----- Records for the task -----

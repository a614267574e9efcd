-- ===== src/Channel/Queues/Calls.antt =====
-- The queues of the streams, and the unary operations of urpc/core/source/urpc_channel.cc.
use u_rpc.Prelude.{
  ℕ, not, ◌&&◌, ◌||◌, Option, none, some, List, [], ◌∷◌, if◌then◌else◌, ◌==◌, ltb, is_empty,
  if-keeps, option-keeps,
}
use u_rpc.Prelude.Str.{Str, codes}
use u_rpc.Prelude.Map.{Map, find, insert, erase}
use u_rpc.Status.{Status, is_ok, status, unavailable, deadline_exceeded}
use u_rpc.Codec.{FrameDecoder, consume}
use u_rpc.Loop.{set_timer}
use u_rpc.Wire.{Headers, field, reset}
use u_rpc.Channel.State.{
  State, idle, connecting, ready, broken, Call, PendingCall, call_timeout, Channel, stopped, send,
  head_id, tail_ids,
}
use u_rpc.Channel.Calls.{
  complete_call, submit_request, submitted, call_now, fail_calls, fail_pending, start_calls,
  start_pending, enqueue_call, run_start_call, reset_call, abort_call, run_call_timeout, run_cancel,
}
use u_rpc.Channel.Session.{
  terminal_status, is_200, bad_http, payload_of, call_headers, with_call_of, call_data, close_call,
  erase_call_iterator, stream_closed, fail_open,
}
use u_rpc.Channel.Queues.{Kept}

complete_call-Kept :
    (call : Call) (st : Status) (payload : Str) (c : Channel)
    → Kept c
    → Kept (complete_call call st payload c)
unfolding complete_call
complete_call-Kept call st payload c h = if-keeps Kept call.completed c _ (λ _. h) (λ _. h)

submitted-Kept :
    (answer : Option ℕ) (path framed : Str) (call : Call) (c : Channel)
    → Kept c
    → Kept (submitted answer path framed call c)
unfolding submitted
submitted-Kept none path framed call c h = complete_call-Kept call _ [] c h
submitted-Kept (some sid) path framed call c h =
    unfold submit_request in if-keeps Kept (is_empty framed) _ _ (λ _. h) (λ _. h)

call_now-Kept :
    (path framed : Str) (call : Call) (c : Channel) → Kept c → Kept (call_now path framed call c)
unfolding call_now
call_now-Kept path framed call c h =
    submitted-Kept (head_id c.session_ids) path framed call
      (record c { session_ids = tail_ids c.session_ids }) h

fail_calls-Kept :
    (pcs : List PendingCall) (st : Status) (c : Channel) → Kept c → Kept (fail_calls pcs st c)
unfolding fail_calls
fail_calls-Kept [] st c h = h
fail_calls-Kept (pc ∷ pcs) st c h = fail_calls-Kept pcs st _ (complete_call-Kept pc.call st [] c h)

pub fail_pending-Kept : (st : Status) (c : Channel) → Kept c → Kept (fail_pending st c)
unfolding fail_pending
fail_pending-Kept st c h = fail_calls-Kept c.pending st (record c { pending = [] }) h

start_calls-Kept : (pcs : List PendingCall) (c : Channel) → Kept c → Kept (start_calls pcs c)
unfolding start_calls
start_calls-Kept [] c h = h
start_calls-Kept (pc ∷ pcs) c h =
    start_calls-Kept pcs _ (call_now-Kept pc.path pc.framed pc.call c h)

pub start_pending-Kept : (c : Channel) → Kept c → Kept (start_pending c)
unfolding start_pending
start_pending-Kept c h = start_calls-Kept c.pending (record c { pending = [] }) h

enqueue_call-Kept :
    (s : State) (path framed : Str) (call : Call) (c : Channel)
    → Kept c
    → Kept (enqueue_call s path framed call c)
unfolding enqueue_call
enqueue_call-Kept ready path framed call c h = call_now-Kept path framed call c h
enqueue_call-Kept broken path framed call c h = complete_call-Kept call _ [] c h
enqueue_call-Kept idle path framed call c h = h
enqueue_call-Kept connecting path framed call c h = h

pub run_start_call-Kept :
    (id : ℕ) (path framed : Str) (timeout_ms : ℕ) (cb : Option ℕ) (d : FrameDecoder) (c : Channel)
    → Kept c
    → Kept (run_start_call id path framed timeout_ms cb d c)
unfolding run_start_call
run_start_call-Kept id path framed timeout_ms cb d c h =
    enqueue_call-Kept c.state path framed _
      (record c {
        loop =
            (if ltb 0 timeout_ms
              then set_timer c.timer_init_ok (call_timeout id) c.loop
              else (0, c.loop)).1;
      })
      h

abort_call-Kept : (call : Call) (st : Status) (c : Channel) → Kept c → Kept (abort_call call st c)
unfolding abort_call reset_call
abort_call-Kept call st c h =
    if-keeps Kept (not (call.sid == 0) && c.has_session)
      (send (reset call.sid 0x8) (record c { by_stream = erase call.sid c.by_stream })) c (λ _. h)
      (λ _. h)

pub run_call_timeout-Kept : (id : ℕ) (c : Channel) → Kept c → Kept (run_call_timeout id c)
unfolding run_call_timeout
run_call_timeout-Kept id c h = option-keeps Kept (find id c.calls) c _ h λ call e.
    if-keeps Kept call.completed c _ (λ _. h)
      (λ _. abort_call-Kept call (status deadline_exceeded (codes "deadline exceeded")) c h)

pub run_cancel-Kept : (id : ℕ) (c : Channel) → Kept c → Kept (run_cancel id c)
unfolding run_cancel
run_cancel-Kept id c h = option-keeps Kept (find id c.calls) c _ h λ call e.
    if-keeps Kept call.completed c _ (λ _. h)
      (λ _.
        abort_call-Kept call (status unavailable (codes "cancelled"))
          (record c { loop = stopped call.timeout_timer c.loop }) h)

pub with_call_of-Kept :
    (o : Option ℕ) (c : Channel) (f : Call → Channel)
    → Kept c
    → ((call : Call) → Kept (f call))
    → Kept (with_call_of o c f)
with_call_of-Kept none c f h k = h
with_call_of-Kept (some id) c f h k = option-keeps Kept (find id c.calls) c f h λ call e. k call

pub call_headers-Kept :
    (call : Call) (hs : Headers) (c : Channel) → Kept c → Kept (call_headers call hs c)
unfolding call_headers
call_headers-Kept call hs c h =
    option-keeps Kept (terminal_status hs) _ _
      (if-keeps Kept (is_200 (field (codes ":status") hs)) c _ (λ _. h)
        (λ _. complete_call-Kept call bad_http [] c h))
      (λ st _. complete_call-Kept call st (payload_of call.decoder) c h)

pub call_data-Kept :
    (call : Call) (bytes : Str) (c : Channel) → Kept c → Kept (call_data call bytes c)
unfolding call_data
call_data-Kept call bytes c h =
    if-keeps Kept (call.completed || is_empty bytes) c _ (λ _. h)
      λ _.
        let (st, d) = consume call.decoder bytes in
        let call' = record call { decoder = d } in
        let c' = record c { calls = insert call.id call' c.calls } in
        if-keeps Kept (is_ok st) c' _ (λ _. h) (λ _. complete_call-Kept call' st [] c' h)

pub close_call-Kept : (o : Option ℕ) (sid : ℕ) (c : Channel) → Kept c → Kept (close_call o sid c)
unfolding close_call
close_call-Kept none sid c h = h
close_call-Kept (some id) sid c h =
    unfold erase_call_iterator in
    with_call_of-Kept (some id) c _ h λ call. complete_call-Kept call stream_closed [] c h

pub fail_open-Kept : (m : Map Call) (c : Channel) → Kept c → Kept (fail_open m c)
unfolding fail_open
fail_open-Kept [] c h = h
fail_open-Kept ((id, call) ∷ m) c h =
    fail_open-Kept m _ (if-keeps Kept call.completed c _ (λ _. h) (λ _. h))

-----

Copy every line of the material exactly, keeping all of it.

repository a614267574e9efcd
-- ===== src/Channel/Queues/Calls.antt =====
-- The queues of the streams, and the unary operations of urpc/core/source/urpc_channel.cc.
use u_rpc.Prelude.{
  ℕ, not, ◌&&◌, ◌||◌, Option, none, some, List, [], ◌∷◌, if◌then◌else◌, ◌==◌, ltb, is_empty,
  if-keeps, option-keeps,
}
use u_rpc.Prelude.Str.{Str, codes}
use u_rpc.Prelude.Map.{Map, find, insert, erase}
use u_rpc.Status.{Status, is_ok, status, unavailable, deadline_exceeded}
use u_rpc.Codec.{FrameDecoder, consume}
use u_rpc.Loop.{set_timer}
use u_rpc.Wire.{Headers, field, reset}
use u_rpc.Channel.State.{
  State, idle, connecting, ready, broken, Call, PendingCall, call_timeout, Channel, stopped, send,
  head_id, tail_ids,
}
use u_rpc.Channel.Calls.{
  complete_call, submit_request, submitted, call_now, fail_calls, fail_pending, start_calls,
  start_pending, enqueue_call, run_start_call, reset_call, abort_call, run_call_timeout, run_cancel,
}
use u_rpc.Channel.Session.{
  terminal_status, is_200, bad_http, payload_of, call_headers, with_call_of, call_data, close_call,
  erase_call_iterator, stream_closed, fail_open,
}
use u_rpc.Channel.Queues.{Kept}

complete_call-Kept :
    (call : Call) (st : Status) (payload : Str) (c : Channel)
    → Kept c
    → Kept (complete_call call st payload c)
unfolding complete_call
complete_call-Kept call st payload c h = if-keeps Kept call.completed c _ (λ _. h) (λ _. h)

submitted-Kept :
    (answer : Option ℕ) (path framed : Str) (call : Call) (c : Channel)
    → Kept c
    → Kept (submitted answer path framed call c)
unfolding submitted
submitted-Kept none path framed call c h = complete_call-Kept call _ [] c h
submitted-Kept (some sid) path framed call c h =
    unfold submit_request in if-keeps Kept (is_empty framed) _ _ (λ _. h) (λ _. h)

call_now-Kept :
    (path framed : Str) (call : Call) (c : Channel) → Kept c → Kept (call_now path framed call c)
unfolding call_now
call_now-Kept path framed call c h =
    submitted-Kept (head_id c.session_ids) path framed call
      (record c { session_ids = tail_ids c.session_ids }) h

fail_calls-Kept :
    (pcs : List PendingCall) (st : Status) (c : Channel) → Kept c → Kept (fail_calls pcs st c)
unfolding fail_calls
fail_calls-Kept [] st c h = h
fail_calls-Kept (pc ∷ pcs) st c h = fail_calls-Kept pcs st _ (complete_call-Kept pc.call st [] c h)

pub fail_pending-Kept : (st : Status) (c : Channel) → Kept c → Kept (fail_pending st c)
unfolding fail_pending
fail_pending-Kept st c h = fail_calls-Kept c.pending st (record c { pending = [] }) h

start_calls-Kept : (pcs : List PendingCall) (c : Channel) → Kept c → Kept (start_calls pcs c)
unfolding start_calls
start_calls-Kept [] c h = h
start_calls-Kept (pc ∷ pcs) c h =
    start_calls-Kept pcs _ (call_now-Kept pc.path pc.framed pc.call c h)

pub start_pending-Kept : (c : Channel) → Kept c → Kept (start_pending c)
unfolding start_pending
start_pending-Kept c h = start_calls-Kept c.pending (record c { pending = [] }) h

enqueue_call-Kept :
    (s : State) (path framed : Str) (call : Call) (c : Channel)
    → Kept c
    → Kept (enqueue_call s path framed call c)
unfolding enqueue_call
enqueue_call-Kept ready path framed call c h = call_now-Kept path framed call c h
enqueue_call-Kept broken path framed call c h = complete_call-Kept call _ [] c h
enqueue_call-Kept idle path framed call c h = h
enqueue_call-Kept connecting path framed call c h = h

pub run_start_call-Kept :
    (id : ℕ) (path framed : Str) (timeout_ms : ℕ) (cb : Option ℕ) (d : FrameDecoder) (c : Channel)
    → Kept c
    → Kept (run_start_call id path framed timeout_ms cb d c)
unfolding run_start_call
run_start_call-Kept id path framed timeout_ms cb d c h =
    enqueue_call-Kept c.state path framed _
      (record c {
        loop =
            (if ltb 0 timeout_ms
              then set_timer c.timer_init_ok (call_timeout id) c.loop
              else (0, c.loop)).1;
      })
      h

abort_call-Kept : (call : Call) (st : Status) (c : Channel) → Kept c → Kept (abort_call call st c)
unfolding abort_call reset_call
abort_call-Kept call st c h =
    if-keeps Kept (not (call.sid == 0) && c.has_session)
      (send (reset call.sid 0x8) (record c { by_stream = erase call.sid c.by_stream })) c (λ _. h)
      (λ _. h)

pub run_call_timeout-Kept : (id : ℕ) (c : Channel) → Kept c → Kept (run_call_timeout id c)
unfolding run_call_timeout
run_call_timeout-Kept id c h = option-keeps Kept (find id c.calls) c _ h λ call e.
    if-keeps Kept call.completed c _ (λ _. h)
      (λ _. abort_call-Kept call (status deadline_exceeded (codes "deadline exceeded")) c h)

pub run_cancel-Kept : (id : ℕ) (c : Channel) → Kept c → Kept (run_cancel id c)
unfolding run_cancel
run_cancel-Kept id c h = option-keeps Kept (find id c.calls) c _ h λ call e.
    if-keeps Kept call.completed c _ (λ _. h)
      (λ _.
        abort_call-Kept call (status unavailable (codes "cancelled"))
          (record c { loop = stopped call.timeout_timer c.loop }) h)

pub with_call_of-Kept :
    (o : Option ℕ) (c : Channel) (f : Call → Channel)
    → Kept c
    → ((call : Call) → Kept (f call))
    → Kept (with_call_of o c f)
with_call_of-Kept none c f h k = h
with_call_of-Kept (some id) c f h k = option-keeps Kept (find id c.calls) c f h λ call e. k call

pub call_headers-Kept :
    (call : Call) (hs : Headers) (c : Channel) → Kept c → Kept (call_headers call hs c)
unfolding call_headers
call_headers-Kept call hs c h =
    option-keeps Kept (terminal_status hs) _ _
      (if-keeps Kept (is_200 (field (codes ":status") hs)) c _ (λ _. h)
        (λ _. complete_call-Kept call bad_http [] c h))
      (λ st _. complete_call-Kept call st (payload_of call.decoder) c h)

pub call_data-Kept :
    (call : Call) (bytes : Str) (c : Channel) → Kept c → Kept (call_data call bytes c)
unfolding call_data
call_data-Kept call bytes c h =
    if-keeps Kept (call.completed || is_empty bytes) c _ (λ _. h)
      λ _.
        let (st, d) = consume call.decoder bytes in
        let call' = record call { decoder = d } in
        let c' = record c { calls = insert call.id call' c.calls } in
        if-keeps Kept (is_ok st) c' _ (λ _. h) (λ _. complete_call-Kept call' st [] c' h)

pub close_call-Kept : (o : Option ℕ) (sid : ℕ) (c : Channel) → Kept c → Kept (close_call o sid c)
unfolding close_call
close_call-Kept none sid c h = h
close_call-Kept (some id) sid c h =
    unfold erase_call_iterator in
    with_call_of-Kept (some id) c _ h λ call. complete_call-Kept call stream_closed [] c h

pub fail_open-Kept : (m : Map Call) (c : Channel) → Kept c → Kept (fail_open m c)
unfolding fail_open
fail_open-Kept [] c h = h
fail_open-Kept ((id, call) ∷ m) c h =
    fail_open-Kept m _ (if-keeps Kept call.completed c _ (λ _. h) (λ _. h))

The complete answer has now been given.